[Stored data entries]
• • • •

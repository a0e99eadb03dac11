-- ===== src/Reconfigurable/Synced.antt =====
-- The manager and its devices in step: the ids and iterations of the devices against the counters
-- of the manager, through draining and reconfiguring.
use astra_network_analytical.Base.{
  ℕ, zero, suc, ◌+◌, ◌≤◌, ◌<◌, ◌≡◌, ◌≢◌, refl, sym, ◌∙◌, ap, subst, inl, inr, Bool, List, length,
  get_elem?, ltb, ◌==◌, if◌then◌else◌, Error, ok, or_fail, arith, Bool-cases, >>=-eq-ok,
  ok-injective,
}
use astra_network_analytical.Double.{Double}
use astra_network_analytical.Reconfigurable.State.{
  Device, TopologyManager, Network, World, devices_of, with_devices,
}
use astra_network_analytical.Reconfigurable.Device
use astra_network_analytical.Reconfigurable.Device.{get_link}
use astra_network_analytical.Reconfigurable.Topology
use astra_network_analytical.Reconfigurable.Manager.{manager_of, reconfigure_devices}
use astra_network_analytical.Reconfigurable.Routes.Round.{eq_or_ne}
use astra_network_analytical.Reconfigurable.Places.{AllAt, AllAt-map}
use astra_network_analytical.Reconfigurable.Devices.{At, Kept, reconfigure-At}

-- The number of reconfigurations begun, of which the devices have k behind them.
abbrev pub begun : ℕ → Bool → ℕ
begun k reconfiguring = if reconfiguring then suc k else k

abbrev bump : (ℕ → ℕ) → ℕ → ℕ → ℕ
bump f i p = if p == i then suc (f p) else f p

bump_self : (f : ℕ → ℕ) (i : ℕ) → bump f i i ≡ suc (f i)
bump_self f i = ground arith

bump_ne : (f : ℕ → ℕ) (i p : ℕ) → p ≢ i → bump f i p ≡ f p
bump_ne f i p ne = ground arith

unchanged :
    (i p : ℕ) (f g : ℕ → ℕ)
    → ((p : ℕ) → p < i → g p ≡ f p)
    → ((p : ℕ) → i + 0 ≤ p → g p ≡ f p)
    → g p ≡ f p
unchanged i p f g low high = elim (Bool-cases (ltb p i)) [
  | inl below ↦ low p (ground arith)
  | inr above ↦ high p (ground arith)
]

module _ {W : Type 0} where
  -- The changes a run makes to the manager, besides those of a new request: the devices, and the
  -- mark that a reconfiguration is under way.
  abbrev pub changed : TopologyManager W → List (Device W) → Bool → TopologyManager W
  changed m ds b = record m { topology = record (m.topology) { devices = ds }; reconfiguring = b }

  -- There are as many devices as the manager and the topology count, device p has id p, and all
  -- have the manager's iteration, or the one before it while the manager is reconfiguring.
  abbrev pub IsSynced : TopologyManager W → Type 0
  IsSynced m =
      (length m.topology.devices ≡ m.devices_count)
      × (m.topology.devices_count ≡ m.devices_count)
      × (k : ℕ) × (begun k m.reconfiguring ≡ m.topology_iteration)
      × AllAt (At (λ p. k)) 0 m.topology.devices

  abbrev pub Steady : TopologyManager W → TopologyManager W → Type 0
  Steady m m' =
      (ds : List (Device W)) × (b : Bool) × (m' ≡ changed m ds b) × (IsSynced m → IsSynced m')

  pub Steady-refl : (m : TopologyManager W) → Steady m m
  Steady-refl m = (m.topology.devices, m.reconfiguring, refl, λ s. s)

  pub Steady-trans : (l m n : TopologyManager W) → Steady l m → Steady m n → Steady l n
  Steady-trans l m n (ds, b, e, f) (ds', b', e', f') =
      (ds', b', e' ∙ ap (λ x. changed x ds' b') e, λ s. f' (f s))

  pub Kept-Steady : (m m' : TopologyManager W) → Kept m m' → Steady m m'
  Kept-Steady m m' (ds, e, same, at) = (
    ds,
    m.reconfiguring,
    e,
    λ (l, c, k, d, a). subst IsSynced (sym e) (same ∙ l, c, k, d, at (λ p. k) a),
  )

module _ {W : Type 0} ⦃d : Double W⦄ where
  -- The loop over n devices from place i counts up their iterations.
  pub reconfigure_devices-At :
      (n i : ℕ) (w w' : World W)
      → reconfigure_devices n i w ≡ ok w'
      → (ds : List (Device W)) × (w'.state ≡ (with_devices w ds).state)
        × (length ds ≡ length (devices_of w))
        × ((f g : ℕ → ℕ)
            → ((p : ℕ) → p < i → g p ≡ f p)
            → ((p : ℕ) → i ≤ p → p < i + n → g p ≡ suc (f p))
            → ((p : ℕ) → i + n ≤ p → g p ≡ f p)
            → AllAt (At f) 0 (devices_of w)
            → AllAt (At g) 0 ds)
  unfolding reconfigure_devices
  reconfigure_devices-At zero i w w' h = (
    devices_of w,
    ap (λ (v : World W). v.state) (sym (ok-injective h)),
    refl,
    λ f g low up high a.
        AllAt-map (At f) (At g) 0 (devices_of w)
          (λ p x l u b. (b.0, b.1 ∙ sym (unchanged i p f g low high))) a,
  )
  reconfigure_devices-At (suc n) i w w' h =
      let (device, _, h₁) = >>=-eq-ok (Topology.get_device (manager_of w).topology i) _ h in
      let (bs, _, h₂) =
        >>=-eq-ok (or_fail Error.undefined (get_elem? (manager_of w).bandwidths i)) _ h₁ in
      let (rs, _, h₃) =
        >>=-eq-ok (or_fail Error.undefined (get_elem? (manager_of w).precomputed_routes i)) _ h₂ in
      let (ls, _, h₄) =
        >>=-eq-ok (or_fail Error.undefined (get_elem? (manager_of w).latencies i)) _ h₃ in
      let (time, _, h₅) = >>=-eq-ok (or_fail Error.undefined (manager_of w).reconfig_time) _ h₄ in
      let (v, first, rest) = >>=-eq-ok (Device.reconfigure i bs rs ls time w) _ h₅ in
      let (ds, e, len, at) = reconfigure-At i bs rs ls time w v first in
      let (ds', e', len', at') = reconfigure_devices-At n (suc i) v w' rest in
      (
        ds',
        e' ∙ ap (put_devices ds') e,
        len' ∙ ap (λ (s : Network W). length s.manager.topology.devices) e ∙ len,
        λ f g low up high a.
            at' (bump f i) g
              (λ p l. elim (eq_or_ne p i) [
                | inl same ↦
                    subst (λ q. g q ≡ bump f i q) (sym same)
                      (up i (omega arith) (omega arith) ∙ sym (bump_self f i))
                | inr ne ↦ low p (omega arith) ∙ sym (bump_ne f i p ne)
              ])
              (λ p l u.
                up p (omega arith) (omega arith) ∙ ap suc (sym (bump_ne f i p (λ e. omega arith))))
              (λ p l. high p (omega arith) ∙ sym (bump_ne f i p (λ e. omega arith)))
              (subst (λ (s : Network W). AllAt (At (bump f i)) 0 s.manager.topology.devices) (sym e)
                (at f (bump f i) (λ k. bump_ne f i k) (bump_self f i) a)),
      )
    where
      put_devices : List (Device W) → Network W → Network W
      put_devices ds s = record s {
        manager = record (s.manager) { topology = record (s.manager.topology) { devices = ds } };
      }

• • • •

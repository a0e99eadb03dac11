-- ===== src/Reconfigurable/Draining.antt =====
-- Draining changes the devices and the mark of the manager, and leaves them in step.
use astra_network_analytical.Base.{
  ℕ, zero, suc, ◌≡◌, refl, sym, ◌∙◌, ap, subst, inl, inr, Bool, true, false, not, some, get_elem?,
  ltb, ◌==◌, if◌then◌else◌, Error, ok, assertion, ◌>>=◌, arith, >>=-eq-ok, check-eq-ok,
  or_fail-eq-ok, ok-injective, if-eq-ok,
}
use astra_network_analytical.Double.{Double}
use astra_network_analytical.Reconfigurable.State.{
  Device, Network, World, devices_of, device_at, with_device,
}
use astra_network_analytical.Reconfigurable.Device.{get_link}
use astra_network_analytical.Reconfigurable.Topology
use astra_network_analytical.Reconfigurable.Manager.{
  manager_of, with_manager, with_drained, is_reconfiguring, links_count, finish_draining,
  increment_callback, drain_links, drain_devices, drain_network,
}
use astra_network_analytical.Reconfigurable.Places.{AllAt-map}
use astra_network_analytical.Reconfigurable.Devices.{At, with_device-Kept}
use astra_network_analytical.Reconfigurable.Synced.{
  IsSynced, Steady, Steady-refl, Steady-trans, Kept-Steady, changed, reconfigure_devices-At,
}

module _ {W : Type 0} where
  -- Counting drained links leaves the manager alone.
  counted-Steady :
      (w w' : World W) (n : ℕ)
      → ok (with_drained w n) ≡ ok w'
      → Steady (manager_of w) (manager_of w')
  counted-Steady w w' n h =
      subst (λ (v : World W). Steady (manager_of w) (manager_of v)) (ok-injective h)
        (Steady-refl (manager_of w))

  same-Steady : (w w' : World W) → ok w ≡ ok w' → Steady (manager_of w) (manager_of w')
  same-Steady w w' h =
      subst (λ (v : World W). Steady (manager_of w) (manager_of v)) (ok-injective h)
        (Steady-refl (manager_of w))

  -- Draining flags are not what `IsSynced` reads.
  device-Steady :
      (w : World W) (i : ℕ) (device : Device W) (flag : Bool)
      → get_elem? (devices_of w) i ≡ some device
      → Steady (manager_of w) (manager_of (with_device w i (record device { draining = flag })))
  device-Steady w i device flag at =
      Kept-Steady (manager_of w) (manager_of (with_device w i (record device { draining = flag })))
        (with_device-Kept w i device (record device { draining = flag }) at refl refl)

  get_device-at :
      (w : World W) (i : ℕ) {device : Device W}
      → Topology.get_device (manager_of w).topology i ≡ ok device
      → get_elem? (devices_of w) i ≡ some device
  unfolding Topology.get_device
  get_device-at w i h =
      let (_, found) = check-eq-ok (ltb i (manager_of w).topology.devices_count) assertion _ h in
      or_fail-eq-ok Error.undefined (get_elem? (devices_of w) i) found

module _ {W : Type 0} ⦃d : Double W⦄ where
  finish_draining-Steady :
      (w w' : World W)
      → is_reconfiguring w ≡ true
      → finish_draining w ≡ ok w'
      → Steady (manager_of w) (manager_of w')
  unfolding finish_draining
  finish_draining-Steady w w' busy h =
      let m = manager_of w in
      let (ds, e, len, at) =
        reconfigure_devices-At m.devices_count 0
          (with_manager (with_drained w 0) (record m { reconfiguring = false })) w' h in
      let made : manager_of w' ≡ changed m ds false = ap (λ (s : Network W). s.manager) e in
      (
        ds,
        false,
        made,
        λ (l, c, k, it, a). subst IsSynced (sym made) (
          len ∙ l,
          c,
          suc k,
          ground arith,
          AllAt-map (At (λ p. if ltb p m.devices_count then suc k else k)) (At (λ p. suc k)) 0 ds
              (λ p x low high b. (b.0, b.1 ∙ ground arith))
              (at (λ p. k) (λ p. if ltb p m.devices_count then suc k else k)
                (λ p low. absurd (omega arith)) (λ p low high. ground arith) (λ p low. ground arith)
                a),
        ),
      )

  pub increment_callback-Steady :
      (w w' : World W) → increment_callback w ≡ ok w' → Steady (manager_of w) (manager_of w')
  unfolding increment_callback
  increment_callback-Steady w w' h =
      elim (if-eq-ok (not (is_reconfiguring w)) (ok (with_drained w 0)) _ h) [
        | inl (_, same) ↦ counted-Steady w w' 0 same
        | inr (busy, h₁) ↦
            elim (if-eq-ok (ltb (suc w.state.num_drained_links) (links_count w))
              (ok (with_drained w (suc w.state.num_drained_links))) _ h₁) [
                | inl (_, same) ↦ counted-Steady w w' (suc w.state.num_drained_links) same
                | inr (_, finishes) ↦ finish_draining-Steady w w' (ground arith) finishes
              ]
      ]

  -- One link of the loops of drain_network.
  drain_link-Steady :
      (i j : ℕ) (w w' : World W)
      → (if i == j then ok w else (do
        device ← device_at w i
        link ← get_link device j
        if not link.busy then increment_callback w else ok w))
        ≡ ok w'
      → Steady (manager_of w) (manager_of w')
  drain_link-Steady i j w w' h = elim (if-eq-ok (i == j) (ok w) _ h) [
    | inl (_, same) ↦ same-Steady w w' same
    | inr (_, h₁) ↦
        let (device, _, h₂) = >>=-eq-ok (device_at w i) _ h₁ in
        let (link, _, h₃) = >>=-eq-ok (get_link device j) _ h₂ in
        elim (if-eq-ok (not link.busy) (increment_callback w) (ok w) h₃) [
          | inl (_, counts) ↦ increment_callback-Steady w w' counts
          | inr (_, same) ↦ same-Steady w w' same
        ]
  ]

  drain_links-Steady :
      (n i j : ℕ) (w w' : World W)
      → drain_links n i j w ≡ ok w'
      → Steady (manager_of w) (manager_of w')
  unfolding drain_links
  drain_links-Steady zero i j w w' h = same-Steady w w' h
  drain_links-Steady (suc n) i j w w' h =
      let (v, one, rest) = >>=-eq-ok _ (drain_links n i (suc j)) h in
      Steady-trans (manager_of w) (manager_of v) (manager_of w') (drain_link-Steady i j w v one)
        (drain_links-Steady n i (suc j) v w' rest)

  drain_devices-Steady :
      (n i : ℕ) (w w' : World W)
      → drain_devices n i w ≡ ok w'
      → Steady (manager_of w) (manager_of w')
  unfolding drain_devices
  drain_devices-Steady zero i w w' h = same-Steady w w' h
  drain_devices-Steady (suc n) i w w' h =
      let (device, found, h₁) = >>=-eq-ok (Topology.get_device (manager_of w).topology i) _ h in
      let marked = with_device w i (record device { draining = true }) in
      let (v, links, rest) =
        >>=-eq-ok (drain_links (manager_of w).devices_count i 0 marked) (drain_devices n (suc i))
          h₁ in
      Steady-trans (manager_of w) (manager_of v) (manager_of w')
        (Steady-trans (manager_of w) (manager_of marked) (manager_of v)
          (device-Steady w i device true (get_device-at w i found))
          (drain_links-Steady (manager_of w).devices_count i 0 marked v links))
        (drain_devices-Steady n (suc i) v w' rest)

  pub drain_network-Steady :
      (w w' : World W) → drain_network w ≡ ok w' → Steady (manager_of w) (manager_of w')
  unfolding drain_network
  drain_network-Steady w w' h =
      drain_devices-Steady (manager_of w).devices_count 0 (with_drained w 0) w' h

• • • •

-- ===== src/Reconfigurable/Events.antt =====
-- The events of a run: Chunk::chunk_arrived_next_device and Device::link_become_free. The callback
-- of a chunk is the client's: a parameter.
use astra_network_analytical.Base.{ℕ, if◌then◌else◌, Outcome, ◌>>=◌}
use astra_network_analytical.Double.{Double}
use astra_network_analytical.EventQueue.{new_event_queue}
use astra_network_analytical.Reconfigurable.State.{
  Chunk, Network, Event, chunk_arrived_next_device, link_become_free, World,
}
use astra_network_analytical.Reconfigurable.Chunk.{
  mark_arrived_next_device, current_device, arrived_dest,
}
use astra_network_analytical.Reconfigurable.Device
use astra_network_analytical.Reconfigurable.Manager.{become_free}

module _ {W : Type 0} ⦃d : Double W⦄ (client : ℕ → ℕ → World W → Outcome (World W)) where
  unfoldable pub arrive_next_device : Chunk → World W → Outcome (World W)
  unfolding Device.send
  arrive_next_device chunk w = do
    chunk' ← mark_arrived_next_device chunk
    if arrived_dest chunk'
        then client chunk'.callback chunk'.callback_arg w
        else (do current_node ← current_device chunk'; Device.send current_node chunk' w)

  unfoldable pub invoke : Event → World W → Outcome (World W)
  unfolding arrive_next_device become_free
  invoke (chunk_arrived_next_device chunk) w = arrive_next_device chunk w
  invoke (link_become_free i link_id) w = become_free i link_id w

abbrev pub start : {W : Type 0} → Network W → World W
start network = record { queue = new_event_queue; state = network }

• • • •

_Exercise goal:_ Return each line among the entries that holds the word "them".

_Expected answer:_
-- The number of reconfigurations begun, of which the devices have k behind them.
-- Draining changes the devices and the mark of the manager, and leaves them in step.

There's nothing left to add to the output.